◆ **Exercise aim**
The answer must consist only of the lines from the line with "elim (Result-cases (resolve_key branch key_arg))" to the line with "rw (k, c, gone) refl", both included, exactly as they stand below.

START Records provided

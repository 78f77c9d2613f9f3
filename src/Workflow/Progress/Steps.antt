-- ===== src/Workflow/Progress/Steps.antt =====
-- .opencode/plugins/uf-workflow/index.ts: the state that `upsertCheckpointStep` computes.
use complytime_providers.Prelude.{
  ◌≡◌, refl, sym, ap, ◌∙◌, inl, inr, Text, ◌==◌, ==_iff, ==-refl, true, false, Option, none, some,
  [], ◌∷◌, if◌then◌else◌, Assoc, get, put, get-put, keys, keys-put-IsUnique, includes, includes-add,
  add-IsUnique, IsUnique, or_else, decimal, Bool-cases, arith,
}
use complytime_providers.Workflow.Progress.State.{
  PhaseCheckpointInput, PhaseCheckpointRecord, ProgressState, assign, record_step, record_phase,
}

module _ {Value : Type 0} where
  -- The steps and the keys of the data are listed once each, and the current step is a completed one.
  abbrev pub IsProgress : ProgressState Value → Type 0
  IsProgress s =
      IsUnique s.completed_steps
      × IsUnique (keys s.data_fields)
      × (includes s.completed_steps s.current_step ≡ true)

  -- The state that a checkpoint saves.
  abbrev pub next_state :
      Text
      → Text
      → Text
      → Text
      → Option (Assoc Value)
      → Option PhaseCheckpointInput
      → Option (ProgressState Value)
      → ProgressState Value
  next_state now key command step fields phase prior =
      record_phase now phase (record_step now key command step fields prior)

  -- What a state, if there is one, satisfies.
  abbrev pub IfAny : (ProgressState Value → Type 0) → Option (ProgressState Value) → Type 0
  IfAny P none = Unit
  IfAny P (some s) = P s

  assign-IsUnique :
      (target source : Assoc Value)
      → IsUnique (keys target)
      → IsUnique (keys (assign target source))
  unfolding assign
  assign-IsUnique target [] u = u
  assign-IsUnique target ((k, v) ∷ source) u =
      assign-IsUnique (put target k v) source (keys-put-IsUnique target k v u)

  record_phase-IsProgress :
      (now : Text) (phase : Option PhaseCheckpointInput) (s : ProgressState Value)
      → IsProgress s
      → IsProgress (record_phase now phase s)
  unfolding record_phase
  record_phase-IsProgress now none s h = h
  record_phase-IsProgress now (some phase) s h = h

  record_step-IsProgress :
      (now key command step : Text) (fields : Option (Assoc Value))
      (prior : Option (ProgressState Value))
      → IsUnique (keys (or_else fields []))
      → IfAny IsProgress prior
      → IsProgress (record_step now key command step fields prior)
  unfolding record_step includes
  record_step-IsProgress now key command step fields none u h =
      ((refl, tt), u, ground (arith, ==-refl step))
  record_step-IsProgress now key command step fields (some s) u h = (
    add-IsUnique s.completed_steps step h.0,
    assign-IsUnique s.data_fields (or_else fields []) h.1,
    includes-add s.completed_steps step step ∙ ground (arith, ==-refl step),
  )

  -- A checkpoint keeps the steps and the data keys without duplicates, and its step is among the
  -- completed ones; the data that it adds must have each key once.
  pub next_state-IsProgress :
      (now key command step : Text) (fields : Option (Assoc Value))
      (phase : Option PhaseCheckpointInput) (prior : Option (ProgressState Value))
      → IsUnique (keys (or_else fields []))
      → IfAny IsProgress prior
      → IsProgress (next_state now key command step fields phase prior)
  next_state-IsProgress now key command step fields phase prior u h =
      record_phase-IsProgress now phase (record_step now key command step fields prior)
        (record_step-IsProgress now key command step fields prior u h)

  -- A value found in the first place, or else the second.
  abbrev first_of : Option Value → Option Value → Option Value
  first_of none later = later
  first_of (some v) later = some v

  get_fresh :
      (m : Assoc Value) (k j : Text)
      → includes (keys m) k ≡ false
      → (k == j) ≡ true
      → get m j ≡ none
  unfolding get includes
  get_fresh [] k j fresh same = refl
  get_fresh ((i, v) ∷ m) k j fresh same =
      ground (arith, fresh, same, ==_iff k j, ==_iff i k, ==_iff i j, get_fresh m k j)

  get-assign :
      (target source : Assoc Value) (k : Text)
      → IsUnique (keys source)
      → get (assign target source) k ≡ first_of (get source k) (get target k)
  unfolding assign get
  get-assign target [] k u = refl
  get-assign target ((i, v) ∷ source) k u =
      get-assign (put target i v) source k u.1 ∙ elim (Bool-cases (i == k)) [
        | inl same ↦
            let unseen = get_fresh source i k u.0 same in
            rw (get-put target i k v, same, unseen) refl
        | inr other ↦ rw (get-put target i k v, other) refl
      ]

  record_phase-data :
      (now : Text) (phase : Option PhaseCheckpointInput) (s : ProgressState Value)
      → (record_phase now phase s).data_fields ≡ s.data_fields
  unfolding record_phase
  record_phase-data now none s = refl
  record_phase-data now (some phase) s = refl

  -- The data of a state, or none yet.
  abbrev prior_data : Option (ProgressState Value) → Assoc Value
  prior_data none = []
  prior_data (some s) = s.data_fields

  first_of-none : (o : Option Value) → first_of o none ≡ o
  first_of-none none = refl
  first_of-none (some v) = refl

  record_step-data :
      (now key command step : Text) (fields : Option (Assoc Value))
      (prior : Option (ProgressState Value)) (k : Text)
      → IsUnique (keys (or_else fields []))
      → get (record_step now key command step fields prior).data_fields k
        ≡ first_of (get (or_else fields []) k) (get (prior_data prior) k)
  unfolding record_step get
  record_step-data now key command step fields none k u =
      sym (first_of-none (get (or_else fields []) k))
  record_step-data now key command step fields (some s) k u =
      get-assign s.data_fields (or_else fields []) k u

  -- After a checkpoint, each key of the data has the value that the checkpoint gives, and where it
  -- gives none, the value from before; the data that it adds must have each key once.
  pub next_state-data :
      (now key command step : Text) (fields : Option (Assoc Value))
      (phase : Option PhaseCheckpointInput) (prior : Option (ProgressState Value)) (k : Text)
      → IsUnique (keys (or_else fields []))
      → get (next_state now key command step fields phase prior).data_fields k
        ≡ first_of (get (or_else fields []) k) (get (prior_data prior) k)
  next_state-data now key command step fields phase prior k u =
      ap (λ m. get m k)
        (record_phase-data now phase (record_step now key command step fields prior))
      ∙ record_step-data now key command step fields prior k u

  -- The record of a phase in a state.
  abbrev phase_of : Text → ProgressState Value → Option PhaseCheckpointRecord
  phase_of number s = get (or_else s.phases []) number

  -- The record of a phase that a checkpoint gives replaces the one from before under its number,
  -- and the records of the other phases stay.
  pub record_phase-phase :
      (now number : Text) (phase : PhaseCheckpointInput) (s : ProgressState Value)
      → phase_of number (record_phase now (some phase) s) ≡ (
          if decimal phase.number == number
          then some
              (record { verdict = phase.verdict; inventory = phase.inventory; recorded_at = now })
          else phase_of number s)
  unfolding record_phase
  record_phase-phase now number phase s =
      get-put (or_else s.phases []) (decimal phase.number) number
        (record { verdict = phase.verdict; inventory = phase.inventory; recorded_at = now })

END Records provided
START Records provided

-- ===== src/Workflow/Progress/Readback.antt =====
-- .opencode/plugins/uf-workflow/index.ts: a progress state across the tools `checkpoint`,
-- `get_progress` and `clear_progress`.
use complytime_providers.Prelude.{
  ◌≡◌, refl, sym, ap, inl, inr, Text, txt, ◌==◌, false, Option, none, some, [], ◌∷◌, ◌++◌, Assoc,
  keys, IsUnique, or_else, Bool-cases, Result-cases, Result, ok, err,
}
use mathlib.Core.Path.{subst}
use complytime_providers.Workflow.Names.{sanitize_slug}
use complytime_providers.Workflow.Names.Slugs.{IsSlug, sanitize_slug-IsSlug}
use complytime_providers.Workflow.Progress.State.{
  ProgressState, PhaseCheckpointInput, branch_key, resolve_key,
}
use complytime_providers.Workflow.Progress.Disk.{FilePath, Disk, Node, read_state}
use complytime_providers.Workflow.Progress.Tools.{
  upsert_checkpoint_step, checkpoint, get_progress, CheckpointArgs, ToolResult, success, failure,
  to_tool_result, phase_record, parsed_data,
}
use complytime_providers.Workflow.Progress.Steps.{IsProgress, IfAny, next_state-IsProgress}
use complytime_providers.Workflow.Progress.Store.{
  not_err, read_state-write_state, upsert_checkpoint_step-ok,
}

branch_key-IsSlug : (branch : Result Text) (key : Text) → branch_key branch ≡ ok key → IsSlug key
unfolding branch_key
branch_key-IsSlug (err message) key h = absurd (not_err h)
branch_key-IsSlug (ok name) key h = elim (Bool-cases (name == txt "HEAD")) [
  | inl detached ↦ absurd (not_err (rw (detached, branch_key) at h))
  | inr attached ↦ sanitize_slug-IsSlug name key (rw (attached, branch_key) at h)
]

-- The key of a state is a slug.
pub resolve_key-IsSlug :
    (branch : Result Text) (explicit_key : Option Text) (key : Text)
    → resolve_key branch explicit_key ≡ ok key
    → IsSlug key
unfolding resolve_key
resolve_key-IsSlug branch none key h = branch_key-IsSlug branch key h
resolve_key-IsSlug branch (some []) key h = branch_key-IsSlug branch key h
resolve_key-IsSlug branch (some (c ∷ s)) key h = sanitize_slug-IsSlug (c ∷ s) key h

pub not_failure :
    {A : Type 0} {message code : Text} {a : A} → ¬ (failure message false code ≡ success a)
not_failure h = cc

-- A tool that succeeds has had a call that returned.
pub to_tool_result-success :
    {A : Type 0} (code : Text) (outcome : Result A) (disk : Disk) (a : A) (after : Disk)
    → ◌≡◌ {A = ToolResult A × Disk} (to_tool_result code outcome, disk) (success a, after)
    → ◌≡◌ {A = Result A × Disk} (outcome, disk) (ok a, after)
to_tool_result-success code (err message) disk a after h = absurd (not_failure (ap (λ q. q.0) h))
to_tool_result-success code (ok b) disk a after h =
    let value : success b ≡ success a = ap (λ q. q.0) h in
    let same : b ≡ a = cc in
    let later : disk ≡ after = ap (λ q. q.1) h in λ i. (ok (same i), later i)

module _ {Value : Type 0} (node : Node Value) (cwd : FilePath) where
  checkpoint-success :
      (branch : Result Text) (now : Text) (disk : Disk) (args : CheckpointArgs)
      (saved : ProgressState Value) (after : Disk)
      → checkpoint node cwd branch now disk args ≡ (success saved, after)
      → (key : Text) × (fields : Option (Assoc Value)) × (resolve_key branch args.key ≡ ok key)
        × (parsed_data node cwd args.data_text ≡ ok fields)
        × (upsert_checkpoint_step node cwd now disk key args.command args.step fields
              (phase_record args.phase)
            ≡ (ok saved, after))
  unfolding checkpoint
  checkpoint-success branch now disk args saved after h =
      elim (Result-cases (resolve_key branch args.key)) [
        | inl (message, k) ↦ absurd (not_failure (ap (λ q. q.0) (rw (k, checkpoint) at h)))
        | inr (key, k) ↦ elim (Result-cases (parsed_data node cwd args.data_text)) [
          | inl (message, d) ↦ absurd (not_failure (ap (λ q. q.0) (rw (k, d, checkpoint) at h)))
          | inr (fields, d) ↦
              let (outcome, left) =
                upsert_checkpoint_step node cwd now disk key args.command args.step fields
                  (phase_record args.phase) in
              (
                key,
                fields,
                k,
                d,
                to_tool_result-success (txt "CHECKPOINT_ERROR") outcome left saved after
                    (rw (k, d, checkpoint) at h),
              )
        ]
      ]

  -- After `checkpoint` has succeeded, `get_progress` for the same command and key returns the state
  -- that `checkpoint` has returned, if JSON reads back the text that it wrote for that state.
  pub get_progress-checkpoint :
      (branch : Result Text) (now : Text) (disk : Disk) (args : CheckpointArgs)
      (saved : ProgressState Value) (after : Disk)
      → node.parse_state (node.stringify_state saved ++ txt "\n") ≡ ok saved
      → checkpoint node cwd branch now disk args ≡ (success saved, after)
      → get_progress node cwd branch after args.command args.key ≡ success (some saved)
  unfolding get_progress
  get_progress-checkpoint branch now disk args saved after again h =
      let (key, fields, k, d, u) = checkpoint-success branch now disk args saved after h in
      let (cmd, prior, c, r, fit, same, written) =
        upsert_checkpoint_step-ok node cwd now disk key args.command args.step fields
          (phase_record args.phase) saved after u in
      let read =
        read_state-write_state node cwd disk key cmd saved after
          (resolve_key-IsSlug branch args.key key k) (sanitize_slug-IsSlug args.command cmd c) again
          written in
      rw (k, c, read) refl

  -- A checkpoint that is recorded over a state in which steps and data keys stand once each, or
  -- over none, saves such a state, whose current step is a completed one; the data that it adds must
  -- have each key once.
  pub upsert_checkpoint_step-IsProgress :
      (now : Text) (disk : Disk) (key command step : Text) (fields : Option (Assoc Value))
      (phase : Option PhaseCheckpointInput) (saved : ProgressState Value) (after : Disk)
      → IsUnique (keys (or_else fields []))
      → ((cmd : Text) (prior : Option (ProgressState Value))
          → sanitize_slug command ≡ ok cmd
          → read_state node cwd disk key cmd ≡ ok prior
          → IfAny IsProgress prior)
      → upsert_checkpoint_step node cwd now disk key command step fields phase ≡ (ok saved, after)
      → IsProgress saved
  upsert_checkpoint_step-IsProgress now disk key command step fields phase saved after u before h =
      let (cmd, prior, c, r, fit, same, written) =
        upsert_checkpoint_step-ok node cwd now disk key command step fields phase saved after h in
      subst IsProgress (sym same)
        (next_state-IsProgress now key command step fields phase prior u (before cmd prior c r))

END Records provided
START Records provided

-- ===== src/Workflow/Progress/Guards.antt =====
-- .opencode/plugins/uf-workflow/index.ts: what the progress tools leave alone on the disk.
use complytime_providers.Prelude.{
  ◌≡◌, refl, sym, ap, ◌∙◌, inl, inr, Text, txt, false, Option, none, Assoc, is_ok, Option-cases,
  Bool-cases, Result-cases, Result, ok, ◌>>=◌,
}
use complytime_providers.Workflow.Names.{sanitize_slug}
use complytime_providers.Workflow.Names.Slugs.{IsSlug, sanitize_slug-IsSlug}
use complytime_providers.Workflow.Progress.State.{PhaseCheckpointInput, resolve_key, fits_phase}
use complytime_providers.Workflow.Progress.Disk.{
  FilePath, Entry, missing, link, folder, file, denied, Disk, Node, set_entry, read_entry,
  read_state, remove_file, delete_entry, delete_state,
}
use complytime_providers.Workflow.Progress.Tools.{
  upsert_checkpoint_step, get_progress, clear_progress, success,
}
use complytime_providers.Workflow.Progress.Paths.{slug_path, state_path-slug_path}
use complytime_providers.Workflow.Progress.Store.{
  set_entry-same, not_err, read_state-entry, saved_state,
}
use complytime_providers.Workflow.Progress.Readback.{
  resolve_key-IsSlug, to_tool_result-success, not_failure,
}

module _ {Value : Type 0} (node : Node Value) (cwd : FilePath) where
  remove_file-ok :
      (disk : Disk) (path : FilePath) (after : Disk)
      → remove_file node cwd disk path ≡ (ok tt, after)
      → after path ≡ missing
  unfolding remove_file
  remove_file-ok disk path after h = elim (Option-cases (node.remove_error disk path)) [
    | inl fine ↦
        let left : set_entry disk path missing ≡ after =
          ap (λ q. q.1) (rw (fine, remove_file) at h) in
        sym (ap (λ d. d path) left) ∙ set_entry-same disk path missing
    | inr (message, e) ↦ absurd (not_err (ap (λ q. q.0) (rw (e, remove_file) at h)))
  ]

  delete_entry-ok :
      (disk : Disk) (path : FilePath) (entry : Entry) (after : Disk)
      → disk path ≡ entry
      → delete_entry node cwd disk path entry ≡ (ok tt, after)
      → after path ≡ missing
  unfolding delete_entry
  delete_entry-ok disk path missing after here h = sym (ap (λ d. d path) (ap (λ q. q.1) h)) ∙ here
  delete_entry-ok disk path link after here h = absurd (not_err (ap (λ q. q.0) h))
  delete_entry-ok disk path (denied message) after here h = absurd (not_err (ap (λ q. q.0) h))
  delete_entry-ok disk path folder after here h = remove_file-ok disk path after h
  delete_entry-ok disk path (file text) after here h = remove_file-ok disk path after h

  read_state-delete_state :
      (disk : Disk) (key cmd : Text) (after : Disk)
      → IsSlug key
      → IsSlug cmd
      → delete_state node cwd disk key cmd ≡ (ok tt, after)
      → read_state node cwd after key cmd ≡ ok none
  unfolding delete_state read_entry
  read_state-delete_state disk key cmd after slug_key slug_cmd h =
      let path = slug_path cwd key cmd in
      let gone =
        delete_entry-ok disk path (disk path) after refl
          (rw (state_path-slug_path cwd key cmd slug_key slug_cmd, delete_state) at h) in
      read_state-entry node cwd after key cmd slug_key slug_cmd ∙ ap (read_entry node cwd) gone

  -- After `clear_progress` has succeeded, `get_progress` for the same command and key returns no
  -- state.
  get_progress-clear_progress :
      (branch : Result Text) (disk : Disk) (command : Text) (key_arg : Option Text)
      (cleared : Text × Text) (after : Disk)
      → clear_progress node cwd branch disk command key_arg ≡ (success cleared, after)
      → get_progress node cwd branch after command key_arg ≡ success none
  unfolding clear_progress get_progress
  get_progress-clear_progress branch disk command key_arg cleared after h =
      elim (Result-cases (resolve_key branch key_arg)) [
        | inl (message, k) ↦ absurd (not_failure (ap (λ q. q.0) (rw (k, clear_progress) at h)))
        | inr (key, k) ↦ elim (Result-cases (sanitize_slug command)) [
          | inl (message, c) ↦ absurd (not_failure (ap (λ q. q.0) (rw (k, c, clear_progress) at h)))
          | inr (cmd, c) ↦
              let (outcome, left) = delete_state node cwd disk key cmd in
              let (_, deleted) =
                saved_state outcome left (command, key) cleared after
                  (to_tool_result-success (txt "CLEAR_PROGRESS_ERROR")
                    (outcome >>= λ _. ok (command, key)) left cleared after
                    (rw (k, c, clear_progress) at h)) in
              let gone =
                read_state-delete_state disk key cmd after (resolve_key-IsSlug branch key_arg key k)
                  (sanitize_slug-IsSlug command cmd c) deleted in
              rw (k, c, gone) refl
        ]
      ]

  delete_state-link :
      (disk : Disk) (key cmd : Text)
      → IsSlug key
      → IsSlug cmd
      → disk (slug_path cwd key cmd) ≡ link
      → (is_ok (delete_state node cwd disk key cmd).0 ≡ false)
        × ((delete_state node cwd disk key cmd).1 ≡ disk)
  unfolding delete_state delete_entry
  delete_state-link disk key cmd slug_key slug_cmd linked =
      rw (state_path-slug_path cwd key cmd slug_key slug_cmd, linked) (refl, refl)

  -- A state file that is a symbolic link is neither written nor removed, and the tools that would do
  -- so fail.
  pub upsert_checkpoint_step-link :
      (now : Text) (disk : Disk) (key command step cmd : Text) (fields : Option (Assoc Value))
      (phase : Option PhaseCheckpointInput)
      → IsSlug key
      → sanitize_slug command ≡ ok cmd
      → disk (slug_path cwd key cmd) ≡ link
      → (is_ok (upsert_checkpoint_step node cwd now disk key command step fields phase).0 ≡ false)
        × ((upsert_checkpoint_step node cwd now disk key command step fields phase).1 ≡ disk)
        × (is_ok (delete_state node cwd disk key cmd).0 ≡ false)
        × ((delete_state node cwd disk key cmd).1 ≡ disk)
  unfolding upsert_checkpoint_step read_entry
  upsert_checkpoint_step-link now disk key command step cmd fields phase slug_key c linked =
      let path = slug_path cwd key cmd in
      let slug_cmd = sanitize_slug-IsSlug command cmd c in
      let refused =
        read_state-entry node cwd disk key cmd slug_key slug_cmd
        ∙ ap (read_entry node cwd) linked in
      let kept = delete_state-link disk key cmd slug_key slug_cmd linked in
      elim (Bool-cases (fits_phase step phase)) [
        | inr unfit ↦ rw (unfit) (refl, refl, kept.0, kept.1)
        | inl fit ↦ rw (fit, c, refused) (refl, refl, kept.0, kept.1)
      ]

END Records provided

◆ **Written solution**
      elim (Result-cases (resolve_key branch key_arg)) [
        | inl (message, k) ↦ absurd (not_failure (ap (λ q. q.0) (rw (k, clear_progress) at h)))
        | inr (key, k) ↦ elim (Result-cases (sanitize_slug command)) [
          | inl (message, c) ↦ absurd (not_failure (ap (λ q. q.0) (rw (k, c, clear_progress) at h)))
          | inr (cmd, c) ↦
              let (outcome, left) = delete_state node cwd disk key cmd in
              let (_, deleted) =
                saved_state outcome left (command, key) cleared after
                  (to_tool_result-success (txt "CLEAR_PROGRESS_ERROR")
                    (outcome >>= λ _. ok (command, key)) left cleared after
                    (rw (k, c, clear_progress) at h)) in
              let gone =
                read_state-delete_state disk key cmd after (resolve_key-IsSlug branch key_arg key k)
                  (sanitize_slug-IsSlug command cmd c) deleted in
              rw (k, c, gone) refl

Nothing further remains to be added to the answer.